Panellist Abel Butler, CEO of HealthPost and The Future Co, highlighted that most of the business’s carbon emissions come from its logistics, and while some people question the value of offsetting carbon emissions – rather than reducing them to begin with – he personally believes that it is “is better than doing nothing”.
Butler elaborated that the next biggest emitter for the business was staff commuting and the company inputs that into its carbon calculations.
“I think the most important thing is once you start measuring it and being accountable for it, then that drives transparency,” Butler said.
The next part is to look at emissions from partners in the supply chain.
“We’re beginning to account for their scope and that’s pushing those conversations with them, which to me is the interconnectedness, cooperation and collaboration that’s so important,” Butler said.
“It’s a complex and connected problem that we’re all trying to solve.
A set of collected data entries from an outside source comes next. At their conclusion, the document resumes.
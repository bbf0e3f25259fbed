-- ===== src/Store/Memory.antt =====
-- stores/memorystore: histories in a map, behind a mutex that every operation holds whole.
-- `Load` hands out the store's own history, so what its reader changes in place is changed here.
pub mod Laws
use protosource.Prelude.{ℕ, String, Option, none, some, [], ◌++◌}
use protosource.Prelude.Dict.{Dict, lookup, insert}
use protosource.Error.{Error, Result, ok, err, wrap}
use protosource.Repository.Types.{History, Record, Context, Store}
use mathlib.Core.List.{List}

pub record MemoryStore : Type 0 where
  pub events : Dict History
  pub snapshot_interval : ℕ

-- `New`
abbrev pub new : ℕ → MemoryStore
new interval = record { events = []; snapshot_interval = interval }

validate_context : Context → Result (Unit {0})
validate_context none = ok tt
validate_context (some e) = err (wrap "context error" e)

abbrev pub history_or_new : Option History → History
history_or_new none = []
history_or_new (some h) = h

unfoldable pub save : Context → String → List Record → MemoryStore → Result (Unit {0}) × MemoryStore
unfolding validate_context
save ctx id records m = elim (validate_context ctx) [
  | err e ↦ (err (wrap "save failed" e), m)
  | ok _ ↦ (
    ok tt,
    record m { events = insert id (history_or_new (lookup id m.events) ++ records) m.events },
  )
]

unfoldable pub load : Context → String → MemoryStore → Result History × MemoryStore
unfolding validate_context
load ctx id m = elim (validate_context ctx) [
  | err e ↦ (err (wrap "load failed" e), m)
  | ok _ ↦ (ok (history_or_new (lookup id m.events)), m)
]

-- The records of a loaded history, changed in place. A history that `Load` made anew for a missing
-- key is not the store's.
unfoldable pub write_through : String → History → MemoryStore → MemoryStore
write_through id records m = elim (lookup id m.events) [
  | none ↦ m
  | some _ ↦ record m { events = insert id records m.events }
]

-- The store as the repository uses it: it has no LoadTail and keeps no aggregates.
abbrev pub memory_store : {M : Type 0} → Store MemoryStore M
memory_store = record {
  save = save;
  load = load;
  load_tail = none;
  save_aggregate = none;
  write_through = write_through;
}
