-- ===== src/Store/Memory/Laws.antt =====
-- The memory store is a log: its view of a key is the history under it.
use protosource.Prelude.{
  String, ◌≡◌, refl, ◌⊎◌, inl, inr, false, none, ◌++◌, arith, str_eq, eq_refl, if◌then◌else◌,
  Option-cases, List, eq_iff,
}
use protosource.Prelude.Dict.{lookup, lookup-insert}
use protosource.Repository.Types.{History, Record}
use protosource.Repository.Log.{IsLog}
use protosource.Store.Memory.{MemoryStore, history_or_new, save, load, write_through, memory_store}

unfoldable pub view : MemoryStore → String → History
view m key = history_or_new (lookup key m.events)

save_view :
    (key : String) (rs : List Record) (m : MemoryStore) (k : String)
    → view (save none key rs m).1 k ≡ (if str_eq key k then view m k ++ rs else view m k)
unfolding save view
save_view key rs m k =
    ground (
      arith,
      eq_iff key k,
      lookup-insert key k (history_or_new (lookup key m.events) ++ rs) m.events,
    )

save_other :
    (key k : String) (rs : History) (m : MemoryStore)
    → str_eq key k ≡ false
    → view (save none key rs m).1 k ≡ view m k
save_other key k rs m h = ground (arith, save_view key rs m k)

through_self :
    (key : String) (rs : History) (m : MemoryStore)
    → (view (write_through key rs m) key ≡ rs) ⊎ (view (write_through key rs m) key ≡ view m key)
unfolding write_through view
through_self key rs m = elim (Option-cases (lookup key m.events)) [
  | inl missing ↦ inr (ground arith)
  | inr (h, found) ↦ inl (ground (arith, lookup-insert key key rs m.events, eq_refl key))
]

through_other :
    (key k : String) (rs : History) (m : MemoryStore)
    → str_eq key k ≡ false
    → view (write_through key rs m) k ≡ view m k
unfolding write_through view
through_other key k rs m h = ground (arith, lookup-insert key k rs m.events)

-- The memory store is a log: in a live context, saving appends to the history of one key and loading
-- returns it; writing through the pointers of a loaded history reaches no other key.
pub memory_store-IsLog : {M : Type 0} → IsLog {M = M} memory_store view
unfolding load view save
memory_store-IsLog = record {
  load_result = λ key m. refl;
  load_view = λ key k m. refl;
  save_view = λ key rs m u done k. save_view key rs m k;
  save_other = save_other;
  through_self = through_self;
  through_other = through_other;
  put_view = λ put m s k has. cc;
  tail_result = λ tail key n s has positive. cc;
  tail_view = λ tail key k n s has. cc;
  tail_copies = λ tail key k rs s has. cc;
}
So we need to work together,” Butler added.
Simpson said it’s up to retailers to bring more renewable, recyclable and less carbon-intensive products into the system.
“We have the ambition that by 2030 all of the responsible brands that are [part of]Seamless will be deploying our circular design guidelines,” Simpson added.
The Seamless Clothing Stewardship Scheme aims to transform how clothing is made, used, reused, and recycled in Australia to create clothing circularity by 2030.
“Systemic change is messy and it’s not going to be linear, it’s going to be something that we continuously improve together. Recognising that perfection is never ever going to be the outcome [is important],” Simpson said.
The panel’s general consensus was that businesses within and adjacent to retail need to take ‘every single opportunity to do better because better never stops.’